▶ Directions for this task
For this exercise, copy out each line of the material below that includes "record".

▶ Stored data
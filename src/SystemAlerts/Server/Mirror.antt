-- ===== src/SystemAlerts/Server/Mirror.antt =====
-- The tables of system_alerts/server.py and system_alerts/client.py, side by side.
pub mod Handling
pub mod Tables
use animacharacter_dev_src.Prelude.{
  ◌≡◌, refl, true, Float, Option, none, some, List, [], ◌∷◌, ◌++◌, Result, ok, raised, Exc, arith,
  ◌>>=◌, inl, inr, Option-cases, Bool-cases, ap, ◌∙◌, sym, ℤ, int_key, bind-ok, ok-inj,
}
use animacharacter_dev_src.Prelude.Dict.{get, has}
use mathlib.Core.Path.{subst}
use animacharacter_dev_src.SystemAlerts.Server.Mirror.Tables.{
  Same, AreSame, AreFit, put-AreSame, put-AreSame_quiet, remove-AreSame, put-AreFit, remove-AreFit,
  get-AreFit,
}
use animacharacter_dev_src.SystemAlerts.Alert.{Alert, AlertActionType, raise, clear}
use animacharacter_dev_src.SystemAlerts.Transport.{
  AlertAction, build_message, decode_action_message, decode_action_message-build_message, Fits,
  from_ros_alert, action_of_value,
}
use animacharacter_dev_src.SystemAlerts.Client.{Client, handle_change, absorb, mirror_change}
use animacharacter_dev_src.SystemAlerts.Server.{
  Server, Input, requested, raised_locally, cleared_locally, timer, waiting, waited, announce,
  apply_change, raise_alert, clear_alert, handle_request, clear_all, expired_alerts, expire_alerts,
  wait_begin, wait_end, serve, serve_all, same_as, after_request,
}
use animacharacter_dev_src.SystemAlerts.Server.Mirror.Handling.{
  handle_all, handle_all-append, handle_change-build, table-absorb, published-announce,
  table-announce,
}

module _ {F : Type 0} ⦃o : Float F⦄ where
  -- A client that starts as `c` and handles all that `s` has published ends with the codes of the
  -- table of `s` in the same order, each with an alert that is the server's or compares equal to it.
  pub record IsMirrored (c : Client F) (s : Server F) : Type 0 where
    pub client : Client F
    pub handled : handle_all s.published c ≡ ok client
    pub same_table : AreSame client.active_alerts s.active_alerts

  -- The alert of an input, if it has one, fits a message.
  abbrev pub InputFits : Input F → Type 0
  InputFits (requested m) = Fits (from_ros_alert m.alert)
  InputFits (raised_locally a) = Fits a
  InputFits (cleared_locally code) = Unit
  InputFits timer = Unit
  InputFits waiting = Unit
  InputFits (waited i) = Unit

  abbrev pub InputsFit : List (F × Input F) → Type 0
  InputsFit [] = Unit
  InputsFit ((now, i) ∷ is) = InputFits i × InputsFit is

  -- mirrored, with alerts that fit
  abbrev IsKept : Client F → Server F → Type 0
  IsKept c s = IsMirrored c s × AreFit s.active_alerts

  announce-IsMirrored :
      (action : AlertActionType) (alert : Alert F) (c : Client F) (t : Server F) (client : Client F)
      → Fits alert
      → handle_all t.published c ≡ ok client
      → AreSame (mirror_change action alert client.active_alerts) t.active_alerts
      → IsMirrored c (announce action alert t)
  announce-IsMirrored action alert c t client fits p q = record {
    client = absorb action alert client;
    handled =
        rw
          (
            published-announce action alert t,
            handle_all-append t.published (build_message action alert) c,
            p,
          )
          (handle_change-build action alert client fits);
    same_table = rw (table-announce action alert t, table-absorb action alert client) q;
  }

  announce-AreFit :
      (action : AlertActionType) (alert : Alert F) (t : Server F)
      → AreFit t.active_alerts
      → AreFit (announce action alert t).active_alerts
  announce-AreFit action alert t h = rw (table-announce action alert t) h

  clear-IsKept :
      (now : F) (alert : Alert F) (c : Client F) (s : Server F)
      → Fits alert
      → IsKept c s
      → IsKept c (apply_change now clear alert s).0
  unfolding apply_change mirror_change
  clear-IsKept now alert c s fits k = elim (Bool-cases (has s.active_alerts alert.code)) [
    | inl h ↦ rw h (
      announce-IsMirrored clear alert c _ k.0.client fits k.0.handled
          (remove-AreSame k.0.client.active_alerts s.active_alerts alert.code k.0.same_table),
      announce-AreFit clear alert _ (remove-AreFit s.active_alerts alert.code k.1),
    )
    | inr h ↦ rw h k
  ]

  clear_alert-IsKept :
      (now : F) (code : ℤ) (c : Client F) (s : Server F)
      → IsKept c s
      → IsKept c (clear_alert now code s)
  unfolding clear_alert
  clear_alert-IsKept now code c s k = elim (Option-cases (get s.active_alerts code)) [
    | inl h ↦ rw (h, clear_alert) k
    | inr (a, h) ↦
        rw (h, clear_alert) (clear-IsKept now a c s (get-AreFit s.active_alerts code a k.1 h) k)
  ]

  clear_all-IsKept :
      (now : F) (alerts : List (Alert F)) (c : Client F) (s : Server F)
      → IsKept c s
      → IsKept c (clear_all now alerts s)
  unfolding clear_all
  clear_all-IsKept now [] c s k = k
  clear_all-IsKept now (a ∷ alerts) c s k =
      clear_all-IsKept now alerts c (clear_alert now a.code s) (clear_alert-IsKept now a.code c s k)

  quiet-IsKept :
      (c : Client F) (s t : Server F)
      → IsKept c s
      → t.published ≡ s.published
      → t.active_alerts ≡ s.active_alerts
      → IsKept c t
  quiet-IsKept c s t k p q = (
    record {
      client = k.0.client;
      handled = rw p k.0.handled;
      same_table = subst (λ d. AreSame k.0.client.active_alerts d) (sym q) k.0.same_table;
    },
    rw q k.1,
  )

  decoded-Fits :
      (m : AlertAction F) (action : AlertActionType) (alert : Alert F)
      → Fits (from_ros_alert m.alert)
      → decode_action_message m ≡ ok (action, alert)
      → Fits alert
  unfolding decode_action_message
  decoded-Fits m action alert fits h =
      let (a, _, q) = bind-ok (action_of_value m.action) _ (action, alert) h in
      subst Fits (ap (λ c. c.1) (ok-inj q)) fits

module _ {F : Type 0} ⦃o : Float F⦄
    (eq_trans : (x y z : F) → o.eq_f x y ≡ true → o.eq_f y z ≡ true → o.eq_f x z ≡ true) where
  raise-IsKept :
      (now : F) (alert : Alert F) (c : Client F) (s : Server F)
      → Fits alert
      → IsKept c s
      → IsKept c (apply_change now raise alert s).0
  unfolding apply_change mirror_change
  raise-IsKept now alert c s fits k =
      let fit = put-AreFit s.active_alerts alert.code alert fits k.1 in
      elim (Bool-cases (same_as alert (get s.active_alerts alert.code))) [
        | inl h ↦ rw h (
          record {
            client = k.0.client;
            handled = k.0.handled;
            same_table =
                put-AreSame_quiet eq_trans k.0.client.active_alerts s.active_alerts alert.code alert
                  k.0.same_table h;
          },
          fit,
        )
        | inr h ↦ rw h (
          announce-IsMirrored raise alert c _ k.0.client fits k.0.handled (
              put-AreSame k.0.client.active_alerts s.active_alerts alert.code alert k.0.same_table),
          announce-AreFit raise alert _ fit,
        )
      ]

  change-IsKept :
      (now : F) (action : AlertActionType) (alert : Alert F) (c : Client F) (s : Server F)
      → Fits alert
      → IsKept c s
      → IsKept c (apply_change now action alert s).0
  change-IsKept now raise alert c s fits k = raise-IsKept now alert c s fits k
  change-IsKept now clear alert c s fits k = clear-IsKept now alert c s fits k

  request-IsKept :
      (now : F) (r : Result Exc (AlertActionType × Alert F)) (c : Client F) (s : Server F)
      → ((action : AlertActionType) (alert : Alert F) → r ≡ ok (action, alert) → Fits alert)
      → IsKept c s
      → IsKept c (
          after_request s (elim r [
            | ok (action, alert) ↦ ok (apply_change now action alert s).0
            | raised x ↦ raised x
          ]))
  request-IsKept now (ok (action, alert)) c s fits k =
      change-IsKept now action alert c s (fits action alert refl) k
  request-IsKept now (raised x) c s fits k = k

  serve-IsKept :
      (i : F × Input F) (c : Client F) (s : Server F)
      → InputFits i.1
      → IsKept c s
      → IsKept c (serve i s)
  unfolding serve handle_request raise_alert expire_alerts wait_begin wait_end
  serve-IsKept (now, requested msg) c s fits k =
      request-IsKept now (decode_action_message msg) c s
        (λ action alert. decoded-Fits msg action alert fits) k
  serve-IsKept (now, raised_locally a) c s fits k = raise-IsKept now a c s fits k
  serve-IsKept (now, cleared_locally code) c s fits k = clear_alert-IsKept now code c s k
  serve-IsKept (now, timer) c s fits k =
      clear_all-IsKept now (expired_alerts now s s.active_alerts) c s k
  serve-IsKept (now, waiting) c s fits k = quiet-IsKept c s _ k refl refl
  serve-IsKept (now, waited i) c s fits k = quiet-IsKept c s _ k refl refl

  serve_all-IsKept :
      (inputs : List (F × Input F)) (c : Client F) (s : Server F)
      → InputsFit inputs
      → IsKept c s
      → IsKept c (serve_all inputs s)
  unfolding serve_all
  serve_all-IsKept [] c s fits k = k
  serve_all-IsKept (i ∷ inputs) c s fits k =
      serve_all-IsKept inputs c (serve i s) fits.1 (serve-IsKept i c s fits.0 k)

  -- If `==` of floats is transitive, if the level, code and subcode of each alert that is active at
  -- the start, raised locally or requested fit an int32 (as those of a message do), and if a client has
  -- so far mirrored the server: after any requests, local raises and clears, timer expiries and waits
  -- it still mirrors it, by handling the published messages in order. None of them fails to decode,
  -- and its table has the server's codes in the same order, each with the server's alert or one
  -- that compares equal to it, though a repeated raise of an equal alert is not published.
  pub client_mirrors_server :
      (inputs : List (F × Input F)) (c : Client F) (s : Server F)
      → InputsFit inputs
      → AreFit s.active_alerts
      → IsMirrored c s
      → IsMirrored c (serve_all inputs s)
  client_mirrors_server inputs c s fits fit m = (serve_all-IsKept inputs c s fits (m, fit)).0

▶ Result below
  pub record IsMirrored (c : Client F) (s : Server F) : Type 0 where
  announce-IsMirrored action alert c t client fits p q = record {
    record {
          record {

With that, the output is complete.